DIRECTIONS FOR THIS TASK >>
Your answer should hold exactly the lines from the one with "-- rust/node/src/engine/core.rs on" through the last line of the material below, nothing before and nothing extra.

START INFORMATION GIVEN

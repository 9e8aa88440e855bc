-- ===== src/Json.antt =====
-- JSON documents: `serde_json::Value` as the node uses it, and the two operations of
-- rust/node/src/engine/core.rs on documents, `merge_json` and `apply_collection_deltas`.
pub mod Value
pub mod Merge
pub mod MergeLaws
pub mod Deltas
pub mod DeltaLaws
pub mod Tests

END INFORMATION GIVEN

PROBLEM SOLUTION >>
-- rust/node/src/engine/core.rs on documents, `merge_json` and `apply_collection_deltas`.
pub mod Value
pub mod Merge
pub mod MergeLaws
pub mod Deltas
pub mod DeltaLaws
pub mod Tests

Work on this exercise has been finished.